Prohibitions Because of Danger

Question

Hello Rabbi!
Aside from washing the hands at the end of the meal, is there any ordinance over which no blessing is recited because it was instituted "because of danger"?

Answer

I don’t remember. Usually these are prohibitions, and a blessing is not relevant to them.
I’ll comment on the law itself. It seems better to explain that no blessing is recited because this is not really an ordinance at all. It is simply a warning against danger, nothing more. A practical difference is that when the danger has passed, or if it becomes clear that there is no danger, there is no need to formally repeal the rule by vote, since it lapses on its own (because there is no actual legal enactment here, only a warning).
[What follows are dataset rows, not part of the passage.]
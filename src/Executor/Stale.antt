-- ===== src/Executor/Stale.antt =====
-- What an executor of crates/workbench-runtime/src/executor.rs accepts after it has recorded a fence.
use distributed_workbench.Base.{
  ℕ, ◌≤◌, Str, bytes, true, Option, none, some, ◌≡◌, refl, arith, List, Result, ok, err, Bool-cases,
  Result-cases, inl, inr, ok-injective, ◌⊎◌, subst, sym, ◌∙◌,
}
use distributed_workbench.Base.Map.{Map}
use distributed_workbench.Executor.{workspace_driver, required_str}
use distributed_workbench.Executor.Fences.{
  FenceRecord, Enforced, check_all, is_workspace, key_of, u64_of, array_of, answer, enforce_fences,
  enforce_contract, enforce_authority, enforce_given, enforce_expected, enforce_supplied, mismatch,
}
use distributed_workbench.Executor.Keeping.{Call, enforce, enforced, enforced-rises}
use distributed_workbench.Executor.Rendering.{Contract, canonical_name, supplied_resources, covers}
use distributed_workbench.Executor.Rising.{fence_at, HasPassed, HavePassed, check_all-HavePassed}
use distributed_workbench.Json.{Value, Values, nil, cons, get}
use distributed_workbench.Protocol.{RpcError}

module _ (clock : ℕ → ℕ) (save : Map FenceRecord → Result RpcError (Unit {0}))
    (records : Map FenceRecord) (o : Enforced) (fine : o.result ≡ ok tt) where
  answer-fails : (e : RpcError) → answer clock save records (err e) ≡ some o → ⊥
  answer-fails e h = cc

  fences-HavePassed :
      (authorities : Values)
      → enforce_fences clock save records authorities ≡ some o
      → HavePassed records authorities
  unfolding enforce_fences
  fences-HavePassed authorities h = elim (Result-cases (check_all records clock 0 authorities)) [
    | inl (e, refused) ↦ absurd (answer-fails e (rw (refused, enforce_fences) at h))
    | inr (u, passed) ↦ check_all-HavePassed records clock 0 authorities u passed
  ]

  supplied-HavePassed :
      (authorities : Values) (expected : List Str) (supplied : Result RpcError (List Str))
      → enforce_supplied clock save records authorities expected supplied ≡ some o
      → HavePassed records authorities
  supplied-HavePassed authorities expected (err e) h = absurd (answer-fails e h)
  supplied-HavePassed authorities expected (ok supplied) h =
      elim (Bool-cases (covers expected supplied)) [
        | inl covered ↦ fences-HavePassed authorities (rw covered at h)
        | inr other ↦ absurd (answer-fails mismatch (rw other at h))
      ]

  expected-HavePassed :
      (authorities : Values) (expected : Option (Result RpcError (List Str)))
      → enforce_expected clock save records authorities expected ≡ some o
      → HavePassed records authorities
  expected-HavePassed authorities none h = cc
  expected-HavePassed authorities (some (err e)) h = absurd (answer-fails e h)
  expected-HavePassed authorities (some (ok expected)) h =
      supplied-HavePassed authorities expected (supplied_resources authorities) h

  given-HavePassed :
      (canonical : Str) (expected : Option (Result RpcError (List Str))) (given : Option Values)
      → enforce_given clock save records canonical expected given ≡ some o
      → (authorities : Values) × (given ≡ some authorities) × HavePassed records authorities
  given-HavePassed canonical expected none h = absurd (answer-fails _ h)
  given-HavePassed canonical expected (some nil) h = absurd (answer-fails _ h)
  given-HavePassed canonical expected (some (cons a rest)) h =
      (cons a rest, refl, expected-HavePassed (cons a rest) expected h)

-- The authority is among those that a call presents.
abbrev pub IsAmong : Value → Values → Type 0
IsAmong a nil = ⊥
IsAmong a (cons b rest) = (b ≡ a) ⊎ IsAmong a rest

passed-among :
    (records : Map FenceRecord) (a : Value) (authorities : Values)
    → IsAmong a authorities
    → HavePassed records authorities
    → HasPassed records a
passed-among records a nil h p = absurd h
passed-among records a (cons b rest) (inl e) p = subst (HasPassed records) e p.0
passed-among records a (cons b rest) (inr h) p = passed-among records a rest h p.1

-- What an accepted authority over a workspace says.
pub record Presents (params : Value) (controller_id resource : Str) (fence : ℕ) : Type 0 where
  pub authorities : Values
  pub given : array_of (get params (bytes "_authority")) ≡ some authorities
  pub authority : Value
  pub among : IsAmong authority authorities
  pub named : required_str authority (bytes "controllerId") ≡ ok controller_id
  pub over : required_str authority (bytes "resource") ≡ ok resource
  pub workspace : is_workspace resource ≡ true
  pub fenced : u64_of (get authority (bytes "fence")) ≡ some fence

presented :
    (records : Map FenceRecord) (params : Value) (controller_id resource : Str) (fence : ℕ)
    (p : Presents params controller_id resource fence)
    → HasPassed records p.authority
    → fence_at (key_of controller_id resource) records ≤ fence
presented records params controller_id resource fence p h =
    let named : h.controller_id ≡ controller_id = ok-injective (sym h.named ∙ p.named) in
    let over : h.resource ≡ resource = ok-injective (sym h.over ∙ p.over) in
    let workspace : is_workspace h.resource ≡ true = rw over p.workspace in
    let f = h.fenced workspace in
    let same : f.0 ≡ fence = cc (f.1, p.fenced) in
    subst (λ k. fence_at (key_of controller_id resource) records ≤ k) same
      (subst (λ r. fence_at (key_of controller_id r) records ≤ f.0) over
        (subst (λ c. fence_at (key_of c h.resource) records ≤ f.0) named f.2))

-- No executor ever accepts a fence below one that it had recorded for the controller and workspace
-- before, whatever calls came in between and whether or not the file could be written: a call of a
-- capability that needs the workspace's driver succeeds only with fences that are no less than every
-- fence recorded at any earlier time.
pub accepted-AtLeast :
    (to_string : Value → Str) (rounds : ℕ) (catalog : Str → Option Contract) (executor_id : Str)
    (records : Map FenceRecord) (cs : List Call) (c : Call) (locks : List Str) (o : Enforced)
    (controller_id resource : Str) (fence : ℕ)
    → catalog (canonical_name c.action)
      ≡ some (record { authority = workspace_driver; locks = locks })
    → enforce to_string rounds catalog executor_id
        (enforced to_string rounds catalog executor_id cs records)
        c
      ≡ some o
    → o.result ≡ ok tt
    → Presents c.params controller_id resource fence
    → fence_at (key_of controller_id resource) records ≤ fence
unfolding enforce enforce_authority enforce_contract
accepted-AtLeast to_string rounds catalog executor_id records cs c locks o controller_id resource
      fence known accepted fine p =
    let now = enforced to_string rounds catalog executor_id cs records in
    let got =
      given-HavePassed c.clock c.save now o fine (canonical_name c.action) _
        (array_of (get c.params (bytes "_authority"))) (rw (known, enforce_contract) at accepted) in
    let same : got.0 ≡ p.authorities = cc (got.1, p.given) in
    let passed =
      passed-among now p.authority p.authorities p.among (subst (HavePassed now) same got.2) in
    let low = presented now c.params controller_id resource fence p passed in
    let risen =
      enforced-rises to_string rounds catalog executor_id cs records
        (key_of controller_id resource) in
    omega arith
Similar to legumes in Column 2, where I explained that it is a concern, not a decree.

Discussion on Answer

Dvir Levi (2024-05-31)

Indeed, I asked this question because I’m in the middle of writing a short article arguing that washing the hands at the end of the meal was not really "instituted" at all, but is more like a kind of human obligation when there is an actual concern of danger. And today, when that concern no longer exists, this does not require a formal procedure of repealing an ordinance, nor does it need explanations like "the Sages instituted it only in a reality where there is danger" (the approach of Tosafot). From the outset, there is nothing here at all.